Fiber: Crucial for digestive health, especially since GLP-1 medications slow gastric emptying.
Forward-thinking brands like Nestlé have begun rolling out frozen ready-meals that align with the nutritional needs of GLP-1 users. There’s a market gap for smaller portions (less really is more for these consumers), nutrient-dense snacks, and fortified recipes that cater to consumers still seeking flavor but with a focus on smart, functional choices. To top it all, there is an urgent need for products that maintain the pleasure of food via the senses. Else, where will pleasure come from?
To service manufacturers need for volume growth, it will be a relief to many that there is a mechanism with the potential to generate volume upsides. Recent research by MMR has found that online “discovery” searches – which are searches relating to a new product or experience, are in fast ascent – by +11% in the last 12 months alone. When applied to food, the figure rises to +23% and for beauty, searches related to discovery are up by a staggering +72%.
Drawing upon over 2,500 conversations with main shoppers around the world, MMR has also revealed a collective desire among consumers for new and novel experiences that support their need for personal development, a need to break the monotony of daily life and a need to experience daily “glimmers” to offset the angst.

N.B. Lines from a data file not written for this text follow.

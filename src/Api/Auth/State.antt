-- ===== src/Api/Auth/State.antt =====
-- apps/do-an/src/modules/auth/auth.service.ts: the accounts, what Redis keeps of sessions, codes and
-- tokens until a time, the writes of the requests and their errors.
use do_an_tot_nghiep.Base.{
  ℕ, ◌+◌, ◌*◌, Bool, true, false, Option, none, some, List, [], ◌∷◌, ◌++◌, if◌then◌else◌, ltb, ◌==◌,
  is_some, update_where,
}
use do_an_tot_nghiep.Base.Text.{Text, codes, text_eq}
use do_an_tot_nghiep.Shared.SlotWindow.{Engine}
use do_an_tot_nghiep.Api.Validator.{SessionSettings}
use do_an_tot_nghiep.Api.Slots.{Slot}

-- UserRole
pub data Role : Type 0 where
  student admin : Role

pub record User : Type 0 where
  pub id : ℕ
  pub student_code : Text
  pub name : Text
  pub email : Text
  pub password : Text
  pub role : Role
  pub is_active : Bool

-- A value of Redis with the time at which it expires.
pub record Kept (A : Type 0) : Type 0 where
  pub value : A
  pub expires_at : ℕ

-- The keys `auth:session:<id>`, `otp:<id>`, `otp:ratelimit:<id>` and `otp:reset:<token>`; a message is
-- an address with a code.
pub record AuthState : Type 0 where
  pub users : List User
  pub sessions : ℕ → Option (Kept Text)
  pub otps : ℕ → Option (Kept Text)
  pub limits : ℕ → Option (Kept Text)
  pub resets : Text → Option (Kept ℕ)
  pub messages : List (Text × Text)
  pub now : ℕ

-- The settings, the slots of the semester, SHA-256 and JWT_EXPIRES_IN.
pub record AuthEnv : Type 0 where
  pub engine : Engine
  pub settings : SessionSettings
  pub slots : List Slot
  pub sha256 : Text → Text
  pub jwt_expires_in : Option Text

-- JwtPayload
pub record JwtPayload : Type 0 where
  pub sub : ℕ
  pub student_code : Text
  pub role : Role
  pub session_id : Text

pub data AuthError : Type 0 where
  no_account locked wrong_password not_admitted bad_lifetime : AuthError
  unauthorized session_over too_soon bad_otp bad_token : AuthError

pub data AuthReply (A : Type 0) : Type 0 where
  ok : A → AuthReply A
  err : AuthError → AuthReply A

infixl 5 ◌>>=◌ ◌>>◌
abbrev pub ◌>>=◌ : {A B : Type 0} → AuthReply A → (A → AuthReply B) → AuthReply B
ok a >>= f = f a
err e >>= f = err e

abbrev pub ◌>>◌ : {A B : Type 0} → AuthReply A → AuthReply B → AuthReply B
m >> k = m >>= λ _. k

unfoldable pub refuse_unless : Bool → AuthError → AuthReply (Unit {0})
refuse_unless true e = ok tt
refuse_unless false e = err e

unfoldable pub found_or : {A : Type 0} → Option A → AuthError → AuthReply A
found_or (some a) e = ok a
found_or none e = err e

-- The writes of the requests.
pub data Command : Type 0 where
  set_session : ℕ → Text → ℕ → Command
  del_session : ℕ → Command
  set_otp : ℕ → Text → Command
  del_otp : ℕ → Command
  set_limit : ℕ → Command
  set_reset : Text → ℕ → Command
  del_reset : Text → Command
  set_password : ℕ → Text → Command
  send_mail : Text → Text → Command

abbrev pub put : {A : Type 0} → ℕ → Option A → (ℕ → Option A) → ℕ → Option A
put k v f j = if j == k then v else f j

abbrev pub put_text : {A : Type 0} → Text → Option A → (Text → Option A) → Text → Option A
put_text k v f j = if text_eq j k then v else f j

-- `SET key value EX seconds`
abbrev pub kept_for : {A : Type 0} → A → ℕ → ℕ → Option (Kept A)
kept_for a seconds now = some (record { value = a; expires_at = now + seconds * 1000 })

unfoldable pub execute : Command → AuthState → AuthState
execute (set_session k id ttl) s = record s { sessions = put k (kept_for id ttl s.now) s.sessions }
execute (del_session k) s = record s { sessions = put k none s.sessions }
execute (set_otp k otp) s = record s { otps = put k (kept_for otp 300 s.now) s.otps }
execute (del_otp k) s = record s { otps = put k none s.otps }
execute (set_limit k) s = record s { limits = put k (kept_for (codes "1") 60 s.now) s.limits }
execute (set_reset token k) s = record s { resets = put_text token (kept_for k 600 s.now) s.resets }
execute (del_reset token) s = record s { resets = put_text token none s.resets }
execute (set_password k hash) s = record s {
  users = update_where (λ u. u.id == k) (λ u. record u { password = hash }) s.users;
}
execute (send_mail address otp) s = record s { messages = s.messages ++ (address, otp) ∷ [] }

unfoldable pub execute_all : List Command → AuthState → AuthState
execute_all [] s = s
execute_all (c ∷ cs) s = execute_all cs (execute c s)

-- `GET`, which gives nothing once the time is over.
abbrev pub live : {A : Type 0} → ℕ → Option (Kept A) → Option A
live now none = none
live now (some k) = if ltb now k.expires_at then some k.value else none

abbrev pub session_id_of : AuthState → ℕ → Option Text
session_id_of s k = live s.now (s.sessions k)

abbrev pub otp_of : AuthState → ℕ → Option Text
otp_of s k = live s.now (s.otps k)

abbrev pub reset_of : AuthState → Text → Option ℕ
reset_of s token = live s.now (s.resets token)

abbrev pub is_limited : AuthState → ℕ → Bool
is_limited s k = is_some (live s.now (s.limits k))

-- Whether Redis has a text that is not empty and is this one.
abbrev pub holds : Option Text → Text → Bool
holds none t = false
holds (some []) t = false
holds (some (c ∷ cs)) t = text_eq (c ∷ cs) t
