-- ===== src/Api/Auth.antt =====
-- apps/do-an/src/modules/auth/auth.service.ts and jwt.strategy.ts: the requests. A request makes its
-- reads and checks first and its writes after them, so it is the list of its writes, or an error.
pub mod Passwords
pub mod State
pub mod Commands
pub mod Steps
pub mod Sessions
pub mod Changes
pub mod Accounts
pub mod Examples
use do_an_tot_nghiep.Base.{
  ℕ, ◌+◌, ◌*◌, ◌<◌, Bool, true, false, not, ◌&&◌, ◌||◌, Option, none, some, List, [], ◌∷◌, ◌++◌,
  if◌then◌else◌, ltb, ◌==◌, find, any, is_some, update_where, take,
}
use do_an_tot_nghiep.Base.Text.{Text, codes, text_eq}
use do_an_tot_nghiep.Base.Chars.{is_digit, read_number}
use do_an_tot_nghiep.Shared.SlotWindow.{Engine}
use do_an_tot_nghiep.Api.Validator.{SessionSettings}
use do_an_tot_nghiep.Api.Slots.{Slot, Answer}
use do_an_tot_nghiep.Api.Slots.Students.{assert_student_can_register}
use do_an_tot_nghiep.Api.Auth.Passwords.{hash_password, verify_password}
use do_an_tot_nghiep.Api.Auth.State.{
  Role, student, admin, User, Kept, AuthState, AuthEnv, JwtPayload, AuthError, no_account, locked,
  wrong_password, not_admitted, bad_lifetime, unauthorized, session_over, too_soon, bad_otp,
  bad_token, AuthReply, ok, err, ◌>>=◌, ◌>>◌, refuse_unless, found_or, Command, set_session,
  del_session, set_otp, del_otp, set_limit, set_reset, del_reset, set_password, send_mail, put,
  put_text, kept_for, execute, execute_all, live, session_id_of, otp_of, reset_of, is_limited,
  holds,
}

abbrev unit_seconds : ℕ → Option ℕ
unit_seconds c =
    if c == b's' || c == b'S'
    then some 1
    else if c == b'm' || c == b'M'
    then some 60
    else if c == b'h' || c == b'H'
    then some 3600
    else if c == b'd' || c == b'D'
    then some 86400
    else none

abbrev times : ℕ → Option ℕ → Option ℕ
times n none = none
times n (some k) = some (n * k)

abbrev lifetime_of : Option (ℕ × Text) → Option ℕ
lifetime_of none = none
lifetime_of (some (n, [])) = some n
lifetime_of (some (n, c ∷ [])) = times n (unit_seconds c)
lifetime_of (some (n, c ∷ d ∷ rest)) = none

-- parseExpiresToSeconds, where none is the error.
parse_expires_to_seconds : Text → Option ℕ
parse_expires_to_seconds t = lifetime_of (read_number t)

abbrev or_hour : Option Text → Text
or_hour none = codes "1h"
or_hour (some t) = t

module _ (env : AuthEnv) where
  -- getTokenLifetime: the seconds.
  pub token_lifetime : Role → Option ℕ
  token_lifetime Role.admin = some 604800
  token_lifetime Role.student = parse_expires_to_seconds (or_hour env.jwt_expires_in)

  abbrev admitted : Answer Slot → Bool
  admitted (Answer.ok s) = true
  admitted (Answer.err e) = false

  -- The check of a student that login and validate share.
  pub can_enter : Role → Text → ℕ → Bool
  can_enter Role.admin code now = true
  can_enter Role.student code now = admitted (
      assert_student_can_register env.engine env.settings env.slots env.settings.current_semester
        code now)

  -- login, with the session id that it draws; Redis refuses to keep a key for 0 seconds.
  pub login : Text → Text → Text → AuthState → AuthReply (List Command × JwtPayload)
  login student_code password session_id s = do
    user ← found_or (find (λ u. text_eq u.student_code student_code) s.users) no_account
    refuse_unless user.is_active locked
    refuse_unless (verify_password env.sha256 password user.password) wrong_password
    refuse_unless (can_enter user.role user.student_code s.now) not_admitted
    ttl ← found_or (token_lifetime user.role) bad_lifetime
    refuse_unless (not (ttl == 0)) bad_lifetime
    ok (
      set_session user.id session_id ttl ∷ [],
      record {
        sub = user.id;
        student_code = user.student_code;
        role = user.role;
        session_id = session_id;
      },
    )

  -- logout
  pub logout : ℕ → AuthState → AuthReply (List Command)
  logout k s = ok (del_session k ∷ [])

  abbrev send_to : Text → AuthState → User → AuthReply (List Command)
  send_to otp s user = do
    refuse_unless (not (is_limited s user.id)) too_soon
    ok (set_otp user.id otp ∷ set_limit user.id ∷ send_mail user.email otp ∷ [])

  abbrev pub send_if_active : Text → AuthState → Option User → AuthReply (List Command)
  send_if_active otp s none = ok []
  send_if_active otp s (some user) = if not user.is_active then ok [] else send_to otp s user

  -- sendOtp, with the code that it draws.
  pub send_otp : Text → Text → AuthState → AuthReply (List Command)
  send_otp email otp s = send_if_active otp s (find (λ u. text_eq u.email email) s.users)

  -- verifyOtp, with the token that it draws.
  pub verify_otp : Text → Text → Text → AuthState → AuthReply (List Command)
  verify_otp email otp token s = do
    user ← found_or (find (λ u. text_eq u.email email) s.users) bad_otp
    refuse_unless user.is_active bad_otp
    refuse_unless (holds (otp_of s user.id) otp) bad_otp
    ok (del_otp user.id ∷ set_reset token user.id ∷ [])

  -- resetPasswordWithToken, with the salt that it draws.
  pub reset_password_with_token : Text → Text → Text → AuthState → AuthReply (List Command)
  reset_password_with_token token new_password salt s = do
    k ← found_or (reset_of s token) bad_token
    ok (
        set_password k (hash_password env.sha256 salt new_password)
        ∷ del_reset token
        ∷ del_session k
        ∷ [])

  -- changePassword, with the salt that it draws.
  pub change_password : ℕ → Text → Text → Text → AuthState → AuthReply (List Command)
  change_password k current new_password salt s = do
    user ← found_or (find (λ u. u.id == k) s.users) unauthorized
    refuse_unless (verify_password env.sha256 current user.password) unauthorized
    ok (set_password k (hash_password env.sha256 salt new_password) ∷ del_session k ∷ [])

  -- JwtStrategy.validate, of a payload whose signature is right.
  pub validate : JwtPayload → AuthState → AuthReply JwtPayload
  validate p s = do
    refuse_unless (not (text_eq p.session_id [])) unauthorized
    refuse_unless (holds (session_id_of s p.sub) p.session_id) session_over
    refuse_unless (can_enter p.role p.student_code s.now) not_admitted
    ok p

The research concludes that modern consumers regard new products as ultimately better – reflecting a backdrop of accelerating technological progress.
For brand planning, manufacturers must plan for an increasing proportion of sales being met by new products. For core ranges, there will be an increasing need to activate continuous programs of improvements and upgrades to ensure that their modernity and relevance is maintained. The key isn’t just launching new items but generating an impulsive dynamic that expands the entire category. Think limited-edition flavors, unexpected collabs (as below), reimagined packaging, or upgraded formulas that keep fans engaged.
In 2025, companies investing in product superiority programs might wish to rethink. Quality is now universal. Most consumers perceive private labels to be a parity with national brands. No branded manufacturers can rely on the “ours is better” argument of old. Instead, success hinges on engineering sensory-driven product theater capable of building fresh memory structures with audiences - supporting brands’ mental availability, not to be underestimated at a time of falling campaign effectiveness.
Even giants like Procter & Gamble, once fixated on tangible superiority, now talk about creating “first-use wow” moments - peak product experiences that anchor positive associations in consumers’ minds. With social media’s fleeting attention spans, these theatrical touches are becoming vital for keeping brands salient. Activate programs designed to stimulate consumers’ senses through dynamic packaging, unexpected flavors, or intriguing textures that invite people to pause, share, and remember.
To thrive in the coming years, CPG must tackle three intertwined priorities:
Adapting to Ozempic: Embrace fortification and consider portion sizes that fit a world of reduced cravings.
Portfolios of Discovery: Capture rising curiosity by increasing output of new and novel products whist safeguarding core ranges with continuous upgrade programs.
Elevating ProductExperiences: Go beyond quality to create lasting emotional imprints through immersive sensory design.
In a fragmented media ecosystem, playing it safe is the fastest route to irrelevance. Brands that dare to experiment, much like Jaguar’s controversial pivot, will face scrutiny - but they’ll also command the limelight. By addressing consumers’ changing needs and desires while amplifying the theatrical element of every usage occasion, you’ll do more than just survive the shift in consumption habits—you’ll spark excitement and position your brand as a leader in a saturated space.